Özet: Hepsi bu kadar.
------------------------------------------------------------
Josiah Hummel: Birkaç ay önce Shizuo'ya hiçbir anlam ifade etmeyen bir isim. Şimdi önemli bir ağırlığı vardı. Hatta onunla ilişkili bir korku bile vardı. Bir dehşet, bir hiddet. İzaya'nınki dışında hiçbir isim Shizuo'yu bu derece mutlak bir nefretle rahatsız etmemişti.
Hayatı boyunca zaten düşmanlardan payına düşeni almıştı: haydutlar, şeytani bir kılıç, suikastçılar, mafya, daha fazla haydut, sarılar giymiş bir kadın, parka giymiş bir pire. Shizuo hepsini yenmişti. Gücü rakipsizdi, gazabı ve cesareti her zaman yeterliydi.
İzaya'nın, Shizuo'yu uç noktadakiyle tanıştıran kişi olacağı belliydi.
Josiah göründüğünde Shizuo'nun ilk fark ettiği şey, Shizuo'nun kullandığı çelik kirişi kavrayan metal kol olmuştu. Shizuo bir de bakmıştı ki etrafında döndürülüyor ve kuleye fırlatılıyordu. Böyle bir kuvvet, yapıda devasa, Shizuo şeklinde bir yarığa neden olmuştu. Hareketin yükünü sırtı çekmişti, Shizuo'nun omurgası hasarla çığlıklar atıyordu.
Gözlerini tekrar açtığında Josiah'ın bulanık silueti ona doğru yaklaşmaktaydı. Dizinin üzerindeki çelik kirişi küçük bir dalmış gibi kırdı ve Skytree'nin kenarından aşağı fırlattı. Josiah aralarındaki mesafeyi kapatmadan önce Shizuo'nun sadece birkaç saniyesi kalmışken Shizuo'nun gözleri, birbirlerini en son yakından gördükleri andan itibaren yeni olan her şeyin üzerinde gezindi.
İlk fark edilebilen gözleriydi, vahşice parlıyorlardı. Artık bir insanınkine hiçbir benzerlikleri yoktu; mercekler gibi kıpırdıyorlardı ve metal levhalarla çevriliydiler.
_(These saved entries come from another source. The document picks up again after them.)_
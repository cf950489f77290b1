-- ===== src/Db/Objects/Tests.antt =====
-- Queries through runtime/vader_db.c on connections of MySQL and of PostgreSQL.
use vader_langue.Prelude.{
  ◌≡◌, refl, arith, false, Option, none, some, List, [], ◌∷◌, ◌++◌, Bytes, codes, map, pos, inr,
}
use vader_langue.Net.{Wire}
use vader_langue.Net.Transfer.{flat}
use vader_langue.Mysql.Packet.{packet_header}
use vader_langue.Mysql.Packet.Frames.{frame}
use vader_langue.Mysql.Packet.Lengths.{lenenc}
use vader_langue.Mysql.Rows.{MyConn, MyRows}
use vader_langue.Mysql.Rows.Sequence.{frames}
use vader_langue.Mysql.Rows.Results.{reply}
use vader_langue.Mysql.Rows.Results.Cells as Mysql_cells
use vader_langue.Pg.Message.{put32, msg_header}
use vader_langue.Pg.Message.Frames.{message}
use vader_langue.Pg.Rows.{PgConn, PgRows}
use vader_langue.Pg.Rows.Results.Cells as Pg_cells
use vader_langue.Pg.Rows.Results.Cells.{put16}
use vader_langue.Pg.Rows.Results.{messages, data_row, closing}
use vader_langue.Pg.Login.{Chance}
use vader_langue.Db.{mysql, pg}
use vader_langue.Db.Driver.{Sqlite, Handle, db_query}
use vader_langue.Db.Objects.{Library, Objects, Pointer, remote, State}
use vader_langue.Db.Objects.Scan.{Scans}
use vader_langue.Db.Objects.Mysql.{my_library, texts, db_query-reply}
use vader_langue.Db.Objects.Pg.{pg_library, pg_texts, db_query-pg_reply}

-- SQLite as a library that opens nothing.
abbrev no_lite : {W : Type 0} → Sqlite W Pointer Pointer
no_lite = record {
  open_db = λ dsn w. (inr none, w);
  exec = λ c sql w. (false, none, w);
  prepare = λ c sql w. (false, none, w);
  step = λ r w. (false, w);
  finalize = λ r w. w;
  column_int64 = λ r col w. (pos 0, w);
  column_text = λ r col w. (none, w);
  close = λ c w. w;
}

abbrev rows : List (List (Option Bytes))
rows = (some (codes "1") ∷ some (codes "Ada") ∷ []) ∷ (some (codes "2") ∷ none ∷ []) ∷ []

abbrev defs : List Bytes
defs = codes "id" ∷ codes "name" ∷ []

abbrev eof : Bytes
eof = 0xfe ∷ 0 ∷ 0 ∷ 2 ∷ 0 ∷ []

abbrev my_wire : Wire
my_wire = record { incoming = frames 1 (reply defs eof rows eof) ∷ []; accepts = []; sent = [] }

abbrev my_conn : MyConn
my_conn = record { fd = some my_wire; err = [] }

abbrev my_lib : Library MyConn MyRows
my_lib = my_library none [] (λ host port. none)

abbrev my_objects : Objects MyConn MyRows
my_objects = record { conns = my_conn ∷ []; tables = [] }

db_query-reply_example :
    (r : Handle Pointer) × (v : State my_lib) × (db_query
        (remote my_lib)
        (remote my_lib)
        no_lite
        (some (record { kind = mysql; h = some 0 }))
        (codes "SELECT")
        (some my_objects)
      ≡ (some r, v))
    × Scans (remote my_lib) (remote my_lib) no_lite r v (texts rows)
unfolding flat frames frame packet_header Mysql_cells.row_bytes Mysql_cells.cell_bytes lenenc
db_query-reply_example =
    db_query-reply none [] (λ host port. none) (remote my_lib) no_lite my_objects 0 my_conn my_wire
      (codes "SELECT") defs eof rows eof [] refl refl (omega arith) (omega arith)
      (omega arith, (omega arith, tt)) (omega arith)
      ((refl, omega arith), ((refl, omega arith), tt))
      ((0xfe, 0 ∷ 0 ∷ 2 ∷ 0 ∷ [], refl, refl), omega arith) (omega arith, tt) refl

abbrev pg_wire : Wire
pg_wire = record {
  incoming =
      messages ((b'T', put16 2 ++ []) ∷ map data_row rows ++ closing (codes "SELECT") (b'I' ∷ []))
      ∷ [];
  accepts = [];
  sent = [];
}

abbrev pg_conn : PgConn
pg_conn = record { fd = some pg_wire; err = [] }

abbrev no_chance : Chance
no_chance = record { garbage = []; garbage1 = []; raw = none }

abbrev pg_lib : Library PgConn PgRows
pg_lib = pg_library none no_chance (λ host port. none)

abbrev pg_objects : Objects PgConn PgRows
pg_objects = record { conns = pg_conn ∷ []; tables = [] }

db_query-pg_reply_example :
    (r : Handle Pointer) × (v : State pg_lib) × (db_query
        (remote pg_lib)
        (remote pg_lib)
        no_lite
        (some (record { kind = pg; h = some 0 }))
        (codes "SELECT")
        (some pg_objects)
      ≡ (some r, v))
    × Scans (remote pg_lib) (remote pg_lib) no_lite r v (pg_texts rows)
unfolding flat messages message msg_header put32 Pg_cells.row_bytes Pg_cells.cell_bytes
db_query-pg_reply_example =
    db_query-pg_reply none no_chance (λ host port. none) (remote pg_lib) no_lite pg_objects 0
      pg_conn pg_wire (codes "SELECT") 2 [] rows (codes "SELECT") (b'I' ∷ []) [] refl refl
      (omega arith) (omega arith)
      (
        (omega arith, omega arith, (omega arith, (omega arith, tt))),
        ((omega arith, omega arith, (omega arith, (tt, tt))), tt),
      )
      (refl, (refl, tt)) (omega arith) (omega arith) (omega arith, tt) refl
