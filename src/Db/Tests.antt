-- ===== src/Db/Tests.antt =====
-- runtime/vader_db.c: a statement with two values.
use vader_langue.Prelude.{
  ℕ, ◌+◌, ◌≡◌, refl, [], ◌∷◌, ◌++◌, codes, Bytes, List, negsuc, some, none, true, false, inl,
}
use vader_langue.Libc.{is_prefix, print_int}
use vader_langue.Db.{
  kind_of, is_pg, is_mysql, mysql, sqlite, prepare, bind_str, bind_int, run, stmt_build, substitute,
  literal, quoted,
}
use vader_langue.Db.Literal.{read_quoted, read_quoted-literal}
use vader_langue.Db.Build.{substitute-marked, marked, given, values}
use vader_langue.Db.Driver.{Remote, Sqlite}

choose_mysql : kind_of (codes "mariadb://host/db") ≡ mysql
unfolding kind_of is_pg is_mysql is_prefix
choose_mysql = refl

choose_sqlite : kind_of (codes "postgres:/x") ≡ sqlite
unfolding kind_of is_pg is_mysql is_prefix
choose_sqlite = refl

run_two :
    run {H = ℕ}
      (λ h sql. sql)
      (bind_int
        (bind_str (prepare 7 (codes "select * from t where a = ? and b < ?")) (codes "O'x"))
        (negsuc 4))
    ≡ codes "select * from t where a = 'O''x' and b < -5"
unfolding stmt_build literal quoted print_int
run_two = refl

read_quoted-literal_example :
    (t : Bytes) × (literal (codes "it's") ++ codes " or" ≡ b'\'' ∷ t)
    × (read_quoted t ≡ some (codes "it's", codes " or"))
read_quoted-literal_example = read_quoted-literal (codes "it's") (codes " or") refl

abbrev two : List (Bytes × Bytes)
two = (codes "'?'", codes " and b=") ∷ (codes "2", []) ∷ []

substitute-marked_example :
    substitute (marked (codes "a=") two) (values two) ≡ given (codes "a=") two
substitute-marked_example =
    substitute-marked (codes "a=") two
      ((refl, (refl, _)), ((refl, (refl, (refl, (refl, (refl, (refl, (refl, _))))))), _))

-- Drivers over a counter of calls.
abbrev counting : Remote ℕ ℕ ℕ
counting = record {
  connect = λ dsn w. (w, w + 1);
  exec = λ c sql w. (none, w + 1);
  query = λ c sql w. (c, w + 1);
  next = λ r w. (false, w + 1);
  text = λ r col w. ([], w + 1);
  close = λ c w. w + 1;
}

abbrev one_table : Sqlite ℕ ℕ ℕ
one_table = record {
  open_db = λ dsn w. (inl w, w + 1);
  exec = λ c sql w. (true, none, w + 1);
  prepare = λ c sql w. (true, c, w + 1);
  step = λ r w. (false, w + 1);
  finalize = λ r w. w + 1;
  column_int64 = λ r col w. (col, w + 1);
  column_text = λ r col w. (none, w + 1);
  close = λ c w. w + 1;
}
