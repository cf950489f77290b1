-- ===== src/Digest/Blocks.antt =====
-- The description of a hash by blocks: a text is cut into blocks of 64 bytes, which are transformed one
-- after another.
use vader_langue.Prelude.{
  ℕ, suc, zero, ◌+◌, ◌-◌, ◌*◌, ◌/◌, ◌%◌, ◌^◌, ◌∷◌, ◌++◌, replicate, ◌≡◌, refl, Bytes, length, take,
  drop,
}

unfoldable pub hash_blocks : {S : Type 0} → (S → Bytes → S) → ℕ → S → Bytes → S
hash_blocks transform zero s m = s
hash_blocks transform (suc n) s m = hash_blocks transform n (transform s (take 64 m)) (drop 64 m)

pub hash_blocks-suc :
    {S : Type 0} (transform : S → Bytes → S) (n : ℕ) (s : S) (m : Bytes)
    → hash_blocks transform (suc n) s m
      ≡ hash_blocks transform n (transform s (take 64 m)) (drop 64 m)
unfolding hash_blocks
hash_blocks-suc transform n s m = refl

-- The number of blocks, with room for the byte 0x80 and the 8 bytes of the length.
abbrev pub block_count : ℕ → ℕ
block_count len = (len + 72) / 64

-- A 1 bit, zeros, and the length in bits, as `encode` writes it.
abbrev pub padded : (ℕ → Bytes) → Bytes → Bytes
padded encode s =
    s
    ++ (0x80
        ∷ (replicate (64 * block_count (length s) - length s - 9) 0
            ++ encode (length s * 8 % 2 ^ 64)))
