-- ===== src/Digest/Roots.antt =====
-- The numbers that the hash standards take from roots and sines, computed from their definitions.
use vader_langue.Prelude.{
  ℕ, zero, suc, ◌+◌, ◌-◌, ◌*◌, ◌/◌, ◌%◌, ◌^◌, List, [], ◌∷◌, leb, if◌then◌else◌,
}

-- The greatest number below `acc + 2 ^ bits` whose `k`-th power is at most `n`, from its bits downwards.
unfoldable pub root : ℕ → ℕ → ℕ → ℕ → ℕ
root k zero acc n = acc
root k (suc bits) acc n =
    let bit = acc + 2 ^ bits in root k bits (if leb (bit ^ k) n then bit else acc) n

-- The first 32 bits of the fractional part of the `k`-th root.
unfoldable pub root_fraction : ℕ → ℕ → ℕ
unfolding root
root_fraction k p = root k 40 0 (p * 2 ^ (32 * k)) % 2 ^ 32

abbrev pub primes : List ℕ
primes =
    2 ∷ 3 ∷ 5 ∷ 7 ∷ 11 ∷ 13 ∷ 17 ∷ 19 ∷ 23 ∷ 29 ∷ 31 ∷ 37 ∷ 41 ∷ 43 ∷ 47 ∷ 53 ∷ 59 ∷ 61 ∷ 67 ∷ 71
    ∷ 73 ∷ 79 ∷ 83 ∷ 89 ∷ 97 ∷ 101 ∷ 103 ∷ 107 ∷ 109 ∷ 113 ∷ 127 ∷ 131 ∷ 137 ∷ 139 ∷ 149 ∷ 151 ∷ 157
    ∷ 163 ∷ 167 ∷ 173 ∷ 179 ∷ 181 ∷ 191 ∷ 193 ∷ 197 ∷ 199 ∷ 211 ∷ 223 ∷ 227 ∷ 229 ∷ 233 ∷ 239 ∷ 241
    ∷ 251 ∷ 257 ∷ 263 ∷ 269 ∷ 271 ∷ 277 ∷ 281 ∷ 283 ∷ 293 ∷ 307 ∷ 311 ∷ []

-- The first 32 bits of a square root, two of them before the point.
unfoldable pub root_word : ℕ → ℕ
unfolding root
root_word p = root 2 40 0 (p * 2 ^ 60)

-- The sums of the terms with a plus and with a minus of the series of the sine of `x`, in units of 2^-128;
-- `term` is the next one, of degree `k`.
unfoldable pub sine_sums : ℕ → ℕ → ℕ → ℕ → ℕ → ℕ → ℕ
sine_sums zero x k term plus minus = (plus - minus) + (minus - plus)
sine_sums (suc n) x k term plus minus =
    sine_sums n x (k + 2) (term * x * x / ((k + 1) * (k + 2))) minus (plus + term)

-- The first 32 bits of the absolute value of the sine of `x` radians.
unfoldable pub sine_word : ℕ → ℕ
unfolding sine_sums
sine_word x = sine_sums 120 x 1 (x * 2 ^ 128) 0 0 / 2 ^ 96
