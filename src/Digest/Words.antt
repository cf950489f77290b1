-- ===== src/Digest/Words.antt =====
-- Words of 32 bits as the hash standards write them, and numbers as bytes. The files of the standards'
-- hashes take nothing from the code.
use Prim.Native.Nat.{bit_or}
use vader_langue.Prelude.{ℕ, zero, suc, ◌+◌, ◌-◌, ◌*◌, ◌/◌, ◌%◌, ◌^◌, [], ◌∷◌, ◌++◌, Bytes}

-- ROTR and ROTL: by `n` to the right, and to the left.
abbrev pub right : ℕ → ℕ → ℕ
right n x = bit_or (x / 2 ^ n) (x * 2 ^ (32 - n) % 2 ^ 32)

abbrev pub left : ℕ → ℕ → ℕ
left n x = bit_or (x * 2 ^ n % 2 ^ 32) (x / 2 ^ (32 - n))

abbrev pub complement : ℕ → ℕ
complement x = 2 ^ 32 - 1 - x

-- Sums modulo 2^32.
abbrev pub sum2 : ℕ → ℕ → ℕ
sum2 a b = (a + b) % 2 ^ 32

abbrev pub sum4 : ℕ → ℕ → ℕ → ℕ → ℕ
sum4 a b c d = (a + b + c + d) % 2 ^ 32

abbrev pub sum5 : ℕ → ℕ → ℕ → ℕ → ℕ → ℕ
sum5 a b c d e = (a + b + c + d + e) % 2 ^ 32

-- A number of `8 * n` bits in `n` bytes, the highest first, and the lowest first.
abbrev pub high_to_low : ℕ → ℕ → Bytes
high_to_low zero x = []
high_to_low (suc zero) x = x % 256 ∷ []
high_to_low (suc (suc n)) x = x / 2 ^ (8 * suc n) % 256 ∷ high_to_low (suc n) x

abbrev pub low_to_high : ℕ → ℕ → Bytes
low_to_high zero x = []
low_to_high (suc zero) x = x % 256 ∷ []
low_to_high (suc (suc n)) x = low_to_high (suc n) x ++ x / 2 ^ (8 * suc n) % 256 ∷ []
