-- ===== src/Digest/Fips.antt =====
-- SHA-256 and SHA-1 as FIPS 180-4 describes them, for messages that are a whole number of bytes.
use Prim.Native.Nat.{bit_or, bit_and, bit_xor}
use vader_langue.Prelude.{
  ℕ, zero, suc, ◌+◌, ◌-◌, ◌*◌, ◌/◌, ◌%◌, ◌^◌, List, [], ◌∷◌, ◌++◌, Bytes, length, map, take, drop,
  get_or,
}
use vader_langue.Digest.Blocks.{hash_blocks, block_count, padded}
use vader_langue.Digest.Roots.{root_fraction, root_word, primes}
use vader_langue.Digest.Words.{right, left, complement, sum2, sum4, sum5, high_to_low}

-- The first `n` words of a block from byte `j` on, each with its highest byte first.
unfoldable pub block_words : ℕ → ℕ → Bytes → List ℕ
block_words zero j b = []
block_words (suc n) j b =
    bit_or
      (bit_or (bit_or (get_or b j 0 * 2 ^ 24 % 2 ^ 32) (get_or b (j + 1) 0 * 2 ^ 16 % 2 ^ 32))
        (get_or b (j + 2) 0 * 2 ^ 8 % 2 ^ 32))
      (get_or b (j + 3) 0)
    ∷ block_words n (j + 4) b

abbrev pub choice : ℕ → ℕ → ℕ → ℕ
choice x y z = bit_xor (bit_and x y) (bit_and (complement x) z)

abbrev pub most : ℕ → ℕ → ℕ → ℕ
most x y z = bit_xor (bit_xor (bit_and x y) (bit_and x z)) (bit_and y z)

abbrev pub big_sigma0 : ℕ → ℕ
big_sigma0 x = bit_xor (bit_xor (right 2 x) (right 13 x)) (right 22 x)

abbrev pub big_sigma1 : ℕ → ℕ
big_sigma1 x = bit_xor (bit_xor (right 6 x) (right 11 x)) (right 25 x)

abbrev pub small_sigma0 : ℕ → ℕ
small_sigma0 x = bit_xor (bit_xor (right 7 x) (right 18 x)) (x / 2 ^ 3)

abbrev pub small_sigma1 : ℕ → ℕ
small_sigma1 x = bit_xor (bit_xor (right 17 x) (right 19 x)) (x / 2 ^ 10)

-- `n` more words of the message schedule behind those before number `t`.
unfoldable pub message_schedule : ℕ → List ℕ → List ℕ
message_schedule zero w = w
message_schedule (suc n) w =
    let t = length w in
    message_schedule n (
      w
      ++ sum4 (small_sigma1 (get_or w (t - 2) 0)) (get_or w (t - 7) 0)
          (small_sigma0 (get_or w (t - 15) 0)) (get_or w (t - 16) 0)
        ∷ [])

-- The working variables of SHA-256.
pub record Eight : Type 0 where
  pub a : ℕ
  pub b : ℕ
  pub c : ℕ
  pub d : ℕ
  pub e : ℕ
  pub f : ℕ
  pub g : ℕ
  pub h : ℕ

abbrev pub eight_step : ℕ → ℕ → Eight → Eight
eight_step k w v =
    let t1 = sum5 v.h (big_sigma1 v.e) (choice v.e v.f v.g) k w in
    let t2 = sum2 (big_sigma0 v.a) (most v.a v.b v.c) in
    record { a = sum2 t1 t2; b = v.a; c = v.b; d = v.c; e = sum2 v.d t1; f = v.e; g = v.f; h = v.g }

unfoldable pub eight_steps : List ℕ → List ℕ → Eight → Eight
eight_steps (k ∷ ks) (w ∷ ws) v = eight_steps ks ws (eight_step k w v)
eight_steps ks ws v = v

-- The hash value behind a block.
abbrev pub eight_sum : Eight → Eight → Eight
eight_sum s v = record {
  a = sum2 s.a v.a;
  b = sum2 s.b v.b;
  c = sum2 s.c v.c;
  d = sum2 s.d v.d;
  e = sum2 s.e v.e;
  f = sum2 s.f v.f;
  g = sum2 s.g v.g;
  h = sum2 s.h v.h;
}

-- The constants are the fractional parts of the cube roots of the first 64 primes, the initial hash
-- value those of the square roots of the first eight.
unfoldable pub sha256_block : Eight → Bytes → Eight
unfolding block_words message_schedule eight_steps root_fraction
sha256_block s b =
    eight_sum s
      (eight_steps (map (root_fraction 3) primes) (message_schedule 48 (block_words 16 0 b)) s)

unfoldable pub sha256_start : Eight
unfolding root_fraction
sha256_start = record {
  a = root_fraction 2 2;
  b = root_fraction 2 3;
  c = root_fraction 2 5;
  d = root_fraction 2 7;
  e = root_fraction 2 11;
  f = root_fraction 2 13;
  g = root_fraction 2 17;
  h = root_fraction 2 19;
}

abbrev pub eight_octets : Eight → Bytes
eight_octets v =
    high_to_low 4 v.a
    ++ (high_to_low 4 v.b
        ++ (high_to_low 4 v.c
            ++ (high_to_low 4 v.d
                ++ (high_to_low 4 v.e
                    ++ (high_to_low 4 v.f ++ (high_to_low 4 v.g ++ high_to_low 4 v.h))))))

abbrev pub sha256_of : Bytes → Bytes
sha256_of s =
    eight_octets
      (hash_blocks sha256_block (block_count (length s)) sha256_start (padded (high_to_low 8) s))

-- The working variables of SHA-1.
pub record Working : Type 0 where
  pub a : ℕ
  pub b : ℕ
  pub c : ℕ
  pub d : ℕ
  pub e : ℕ

unfoldable pub sha1_schedule : ℕ → List ℕ → List ℕ
sha1_schedule zero w = w
sha1_schedule (suc n) w =
    let t = length w in
    sha1_schedule n (
      w
      ++ left 1 (
          bit_xor
            (bit_xor (bit_xor (get_or w (t - 3) 0) (get_or w (t - 8) 0)) (get_or w (t - 14) 0))
            (get_or w (t - 16) 0))
        ∷ [])

-- Ch and Maj in the forms `z ⊕ (x ∧ (y ⊕ z))` and `(x ∧ y) ∨ (z ∧ (x ∨ y))`.
abbrev pub sha1_choice : ℕ → ℕ → ℕ → ℕ
sha1_choice x y z = bit_xor (bit_and x (bit_xor y z)) z

abbrev pub sha1_parity : ℕ → ℕ → ℕ → ℕ
sha1_parity x y z = bit_xor (bit_xor x y) z

abbrev pub sha1_most : ℕ → ℕ → ℕ → ℕ
sha1_most x y z = bit_or (bit_and x y) (bit_and z (bit_or x y))

abbrev pub sha1_step : (ℕ → ℕ → ℕ → ℕ) → ℕ → ℕ → Working → Working
sha1_step f k w v = record {
  a = sum5 (left 5 v.a) (f v.b v.c v.d) v.e k w;
  b = v.a;
  c = left 30 v.b;
  d = v.c;
  e = v.d;
}

-- The steps of one function and constant.
unfoldable pub sha1_steps : (ℕ → ℕ → ℕ → ℕ) → ℕ → List ℕ → Working → Working
sha1_steps f k [] v = v
sha1_steps f k (w ∷ ws) v = sha1_steps f k ws (sha1_step f k w v)

-- Twenty steps for each constant, the square roots of 2, 3, 5 and 10.
unfoldable pub sha1_block : Working → Bytes → Working
unfolding block_words sha1_schedule sha1_steps root_word
sha1_block s b =
    let w = sha1_schedule 64 (block_words 16 0 b) in
    let v1 = sha1_steps sha1_choice (root_word 2) (take 20 w) s in
    let v2 = sha1_steps sha1_parity (root_word 3) (take 20 (drop 20 w)) v1 in
    let v3 = sha1_steps sha1_most (root_word 5) (take 20 (drop 40 w)) v2 in
    let v4 = sha1_steps sha1_parity (root_word 10) (drop 60 w) v3 in
    record {
      a = sum2 s.a v4.a;
      b = sum2 s.b v4.b;
      c = sum2 s.c v4.c;
      d = sum2 s.d v4.d;
      e = sum2 s.e v4.e;
    }

abbrev pub sha1_start : Working
sha1_start = record {
  a = 0x67452301;
  b = 0xefcdab89;
  c = 0x98badcfe;
  d = 0x10325476;
  e = 0xc3d2e1f0;
}

abbrev pub sha1_octets : Working → Bytes
sha1_octets v =
    high_to_low 4 v.a
    ++ (high_to_low 4 v.b ++ (high_to_low 4 v.c ++ (high_to_low 4 v.d ++ high_to_low 4 v.e)))

abbrev pub sha1_of : Bytes → Bytes
sha1_of s =
    sha1_octets
      (hash_blocks sha1_block (block_count (length s)) sha1_start (padded (high_to_low 8) s))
Bir kolunda omzuna kadar uzanan ve beyaz yakalı gömleğinden dışarı çıkan kablolar vardı. Diğeri tamamen sibernetikti. Vultür serumu, kırık vücudundaki her çatlaktan parlıyordu.
Yüzünün paramparça olmasını önlemek için yeterince hızlı olan Shizuo'ya yumruğunu indirirken sırıtmıştı. Yumruğun çarpmasıyla kule parçalandı.
Josiah bir dizini Shizuo'nun karnına geçirdi ve Shizuo bir şeylerin kırıldığını hissetti. Nefesi kesilirken ağzından kan fışkırmıştı. Josiah'ın ellerinden biri Shizuo'nun başına kapandı ve sanki bir bez bebekmiş gibi onu yere fırlattı.
Farkına varmak korkutucu anlamlara geliyordu ama Josiah, Shizuo'dan hızlıydı.
Shizuo'dan güçlüydü.
Ama ben daha bu kavgadan çekilmedim..! Shizuo dişlerini birbirine bastırdı ve kendini hazırladı. Josiah'ın sıradaki hedefi Shizuo'nun koluydu –sağdaki, Kazbek kolu.
Shizuo'nun beklediği de buydu. Shizuo, Josiah'ın kendi kendini iyileştirebilecek olan kolunu kırmasına izin verdi ve bir bacağını Josiah'ın yan tarafına çarparak onu uçurdu. Shizuo'nun hâlâ kendi etkileyici gücü vardı, bu da yetişkin bir adamı kolaylıkla birkaç metre uzağa fırlatabilirdi.
Ayağa kalkan Shizuo, yaralarının boyutu karşısında yüzünü ekşitti. Acıdan hoşlanmaması, bıçaklanmış bir bacağın, kırık birkaç kaburganın, bir kafa travmasının ve incinmiş bir omurganın sonuçlarını hissedemeyeceği anlamına gelmiyordu. Bütün bu darbelerden kurtulabilen tek yeri, Josiah kırmış olmasına rağmen mide bulandırıcı bir çatırt sesiyle eski yerine dönen sağ koluydu.
Josiah, karşısında yepyeni gibi görünüyordu. Kendini toparladı ve sırıttı. "Benden ve yöntemlerimden bu kadar nefret eden birine göre, sana verdiğim koldan kesinlikle yararlanıyor gibisin."
Shizuo "Bu senin hatandı," diye parladı. "Anandan emdiğin sütü burnundan getirecek olan adamı geliştirmemeliydin."
Josiah'ın sonraki hamlesini yapmasını beklememeyi tercih ederek önce Shizuo saldırdı.
ŞİMDİ OKUDUĞUN
To Hell And Back | BL Çeviri - Shizaya |
FanficHer şey kartpostallarla başlamıştır. İzaya ortadan kaybolmuş ve süresiz bir tatile çıkmıştır. Ancak Shizuo kendi kendine intikamını almak için onun peşine düştüğünde, ikisinin de planlarında bir değişiklik olacaktır. Nihayetinde, kendilerini birlikt...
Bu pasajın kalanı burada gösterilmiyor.